«Не губи, – отвечают, – мы все под вашего Бога согласны подойти».
Я и перестал фейверки жечь и окрестил их в речечке.
– Тут же, в это самое время и окрестили?
– В эту же самую минуту-с. Да и что же тут было долго время препровождать? Надо, чтобы они одуматься не могли. Помочил их по башкам водицей над прорубью, прочел «во имя Отца и Сына» и крестики, которые от мисанеров остались, понадевал на шеи и велел им того убитого мисанера, чтобы они за мученика почитали и за него молились, и могилку им показал.
– И они молились?
– Молились-с.
– Ведь они же никаких молитв христианских, чай, не знали, или вы их выучили?
– Нет; учить мне их некогда было, потому что я видел, что мне в это время бежать пора, а велел им: молитесь, мол, как до сего молились, по-старому, но только Аллу называть не смейте, а вместо него Иисуса Христа поминайте. Они так и приняли сие исповедание.
– Ну, а потом как же все-таки вы от этих новых христиан убежали с своими искалеченными ногами и как вылечились?
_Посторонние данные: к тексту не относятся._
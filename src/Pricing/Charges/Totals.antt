-- ===== src/Pricing/Charges/Totals.antt =====
-- The amounts and their rounding: `calculatePrice` of internal/app/pricing.go.
use lite_api.Common.{
  ℕ, ◌+◌, ltb, if◌then◌else◌, ◌==◌, nat_eq, string_eq, text_eq, Text, String, Bool, false, not,
  ◌||◌, List, [], ◌∷◌, any,
}
use lite_api.Common.Strings.{trim_space, to_lower}
use lite_api.Common.Errors.{Result, ok, ◌>>=◌, ◌>>◌, fail_if, bad}
use lite_api.Common.Rat.{Rat, ◌*ℚ◌, round_to}
use lite_api.Pricing.Numbers.{rat, valid_number}
use lite_api.Pricing.Periods.{Moment, multiplier_at}
use lite_api.Pricing.Cards.Intervals.{Card, max_count}
use lite_api.Pricing.Cards.Validation.{validate_model_prices}
use lite_api.Pricing.Charges.Tokens.{Usage, Cost, interval_at, token_prices}
use lite_api.Pricing.Charges.Requests.{request_price, request_total}
use lite_api.Pricing.Charges.Parts.{
  tier_multiplier, effort_multiplier, Parts, no_parts, token_parts, scale_parts, sum_parts,
}

-- The last lines: the rounding of each amount.
unfoldable pub cost_of : Parts → Rat → Rat → Cost
cost_of ps total rate = record {
  input_cost = round_to 10 ps.input_part;
  output_cost = round_to 10 ps.output_part;
  write_cost = round_to 10 ps.write_part_of;
  read_cost = round_to 10 ps.read_part;
  image_input_cost = round_to 10 ps.image_input_part;
  image_output_cost = round_to 10 ps.image_output_part;
  total = round_to 10 total;
  actual = round_to 10 (total *ℚ rate);
  debit = round_to 8 (total *ℚ rate);
  total_value = total;
}

-- The counts of the usage, in the order of the test.
abbrev pub usage_counts : Usage → List ℕ
usage_counts u =
    u.input_tokens ∷ u.output_tokens ∷ u.write_tokens ∷ u.write_5m ∷ u.write_1h ∷ u.read_tokens
    ∷ u.image_input_tokens ∷ u.image_output_tokens ∷ u.requests ∷ u.video_count ∷ u.video_seconds
    ∷ u.image_count ∷ []

unfoldable pub good_counts : Usage → Bool
good_counts u = not (any (λ n. ltb max_count n) (usage_counts u))

-- The context of the request; it counts only where long contexts have a price.
abbrev pub context_tokens : Usage → ℕ
context_tokens u = u.input_tokens + u.write_tokens + u.read_tokens

abbrev pub is_by_request : String → Bool
is_by_request mode = mode == "per_request" || mode == "image" || mode == "video"

-- The amounts before the rounding: the parts, and their total.
unfoldable pub amounts : Card → Usage → Text → String → Text → Moment → Bool → Result (Parts × Rat)
amounts p u service_tier effort label at long_context =
    if is_by_request p.billing_mode
    then (do
      total ←
          request_total (p.billing_mode == "video") u (effort_multiplier p.reasoning effort)
            (request_price p label (context_tokens u))
      ok (no_parts, total))
    else (do
      let prices =
          token_prices p (interval_at (if long_context then context_tokens u else 1) p.intervals)
      parts ← token_parts p u prices
      let multiplier =
          effort_multiplier p.reasoning effort
          *ℚ tier_multiplier p (to_lower (trim_space service_tier))
          *ℚ multiplier_at p.time_pricing at
      let scaled = scale_parts multiplier parts
      ok (scaled, sum_parts scaled))

-- `calculatePrice`.
unfoldable pub calculate_price :
    Card → Usage → Text → Text → String → Text → Moment → Bool → Result Cost
calculate_price p u rate service_tier effort label at long_context = do
  checked ← validate_model_prices at false (p ∷ [])
  fail_if (not (valid_number rate 6 4)) (bad "invalid billing rate")
  fail_if (not (good_counts u)) (bad "invalid usage count")
  charged ← amounts p u service_tier effort label at long_context
  ok (cost_of charged.0 charged.1 (rat rate))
– А потом я нашел в тех фейверках едкую землю; такая, что чуть ее к телу приложишь, сейчас она страшно тело палит. Я ее и приложил и притворился, будто я болен, а сам себе все, под кошмой лежа, этой едкостью пятки растравливал и в две недели так растравил, что у меня вся как есть плоть на ногах взгноилась и вся та щетина, которую мне татары десять лет назад засыпали, с гноем вышла. Я как можно скорее обмогнулся, но виду в том не подаю, а притворяюсь, что мне еще хуже стало, и наказал я бабам и старикам, чтобы они все как можно усердней за меня молились, потому что, мол, помираю. И положил я на них вроде епитимьи пост, и три дня я им за юрты выходить не велел, а для большей еще острастки самый большой фейверк пустил и ушел…
– Но они вас не догнали?
– Нет; да и где им было догонять: я их так запостил и напугал, что они небось радешеньки остались и три дня носу из юрт не казали, а после хоть и выглянули, да уже искать им меня далеко было. Ноги-то у меня, как я из них щетину спустил, подсохли, такие легкие стали, что как разбежался, всю степь перебежал.
– И все пешком?
– А то как же-с, там ведь не проезжая дорога, встретить некого, а встретишь, так не обрадуешься, кого обретешь. Мне на четвертый день чувашин показался, один пять лошадей гонит, говорит: «Садись верхом».
Я поопасался и не поехал.
– Чего же вы его боялись?
– Да так… он как-то мне неверен показался, а притом нельзя было и разобрать, какой он религии, а без этого на степи страшно. А он, бестолковый, кричит:
«Садись, – кричит, – веселей, двое будем ехать».
Я говорю:
«А кто ты: может быть, у тебя бога нет?»
«Как, – говорит, – нет: это у татарина бока нет, он кобылу ест, а у меня есть бок».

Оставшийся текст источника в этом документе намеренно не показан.